## PROVIDED RECORDS
◆ ◆ ◆
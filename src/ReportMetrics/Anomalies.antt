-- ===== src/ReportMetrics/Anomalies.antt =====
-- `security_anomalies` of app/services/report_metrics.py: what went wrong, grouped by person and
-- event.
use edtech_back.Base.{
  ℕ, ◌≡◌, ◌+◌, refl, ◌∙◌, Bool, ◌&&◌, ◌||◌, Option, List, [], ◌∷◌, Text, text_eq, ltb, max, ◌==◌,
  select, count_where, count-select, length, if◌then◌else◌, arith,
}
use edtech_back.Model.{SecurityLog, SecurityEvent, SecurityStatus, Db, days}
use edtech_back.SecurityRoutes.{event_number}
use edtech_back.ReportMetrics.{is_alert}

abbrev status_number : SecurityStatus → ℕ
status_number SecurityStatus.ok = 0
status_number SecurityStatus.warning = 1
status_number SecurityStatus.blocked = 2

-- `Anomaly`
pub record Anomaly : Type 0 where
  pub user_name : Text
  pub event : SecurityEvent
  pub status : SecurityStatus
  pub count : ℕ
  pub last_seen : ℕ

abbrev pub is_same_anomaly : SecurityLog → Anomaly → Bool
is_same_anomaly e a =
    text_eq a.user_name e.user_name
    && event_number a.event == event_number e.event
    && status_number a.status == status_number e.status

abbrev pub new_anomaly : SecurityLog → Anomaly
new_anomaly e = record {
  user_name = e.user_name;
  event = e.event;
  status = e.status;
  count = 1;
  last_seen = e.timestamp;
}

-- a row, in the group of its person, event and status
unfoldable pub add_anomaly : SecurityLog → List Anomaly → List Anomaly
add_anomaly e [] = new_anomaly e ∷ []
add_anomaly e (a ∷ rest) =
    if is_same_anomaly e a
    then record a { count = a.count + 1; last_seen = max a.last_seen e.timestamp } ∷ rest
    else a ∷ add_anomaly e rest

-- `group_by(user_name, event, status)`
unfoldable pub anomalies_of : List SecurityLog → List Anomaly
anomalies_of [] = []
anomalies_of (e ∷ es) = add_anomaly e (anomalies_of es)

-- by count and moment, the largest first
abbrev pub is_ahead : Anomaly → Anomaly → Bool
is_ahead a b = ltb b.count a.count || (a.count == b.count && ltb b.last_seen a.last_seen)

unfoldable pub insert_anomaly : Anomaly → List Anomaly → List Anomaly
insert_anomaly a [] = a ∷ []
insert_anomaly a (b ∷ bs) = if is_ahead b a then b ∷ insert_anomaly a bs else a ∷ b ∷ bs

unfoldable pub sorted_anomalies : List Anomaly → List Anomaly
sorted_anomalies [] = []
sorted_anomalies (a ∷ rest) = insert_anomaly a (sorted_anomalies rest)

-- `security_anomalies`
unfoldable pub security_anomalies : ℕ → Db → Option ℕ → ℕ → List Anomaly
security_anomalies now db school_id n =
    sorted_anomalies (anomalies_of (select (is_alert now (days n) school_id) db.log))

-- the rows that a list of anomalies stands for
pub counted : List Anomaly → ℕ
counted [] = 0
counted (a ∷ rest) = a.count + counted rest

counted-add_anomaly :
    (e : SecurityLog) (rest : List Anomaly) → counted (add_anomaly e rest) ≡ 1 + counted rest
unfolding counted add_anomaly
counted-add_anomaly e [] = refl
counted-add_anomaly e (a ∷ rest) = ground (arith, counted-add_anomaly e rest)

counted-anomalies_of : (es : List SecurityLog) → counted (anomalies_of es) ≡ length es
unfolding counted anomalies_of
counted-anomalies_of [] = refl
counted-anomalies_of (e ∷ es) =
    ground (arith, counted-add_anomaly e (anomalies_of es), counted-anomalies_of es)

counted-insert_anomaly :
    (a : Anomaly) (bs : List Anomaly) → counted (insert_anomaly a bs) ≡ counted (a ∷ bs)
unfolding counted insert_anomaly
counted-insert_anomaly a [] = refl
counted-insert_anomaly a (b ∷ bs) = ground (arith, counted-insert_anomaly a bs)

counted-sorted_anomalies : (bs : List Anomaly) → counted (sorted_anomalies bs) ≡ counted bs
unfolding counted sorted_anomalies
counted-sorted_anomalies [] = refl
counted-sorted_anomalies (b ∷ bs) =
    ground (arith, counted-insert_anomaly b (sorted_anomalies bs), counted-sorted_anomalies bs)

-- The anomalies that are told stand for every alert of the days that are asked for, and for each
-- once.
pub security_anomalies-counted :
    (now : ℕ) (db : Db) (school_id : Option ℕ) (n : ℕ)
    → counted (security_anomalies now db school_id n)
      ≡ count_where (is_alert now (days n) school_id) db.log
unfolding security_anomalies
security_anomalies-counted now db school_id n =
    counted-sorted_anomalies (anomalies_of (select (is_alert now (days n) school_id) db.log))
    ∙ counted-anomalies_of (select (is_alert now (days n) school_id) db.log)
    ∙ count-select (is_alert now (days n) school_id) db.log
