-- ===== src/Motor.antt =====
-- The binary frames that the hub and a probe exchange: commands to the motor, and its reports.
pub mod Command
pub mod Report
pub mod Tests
◆ ◆ ◆
## WHAT YOU WILL DO
Work out how many lines above contain the word "timestamp". Give only the number.

## SOLUTION
2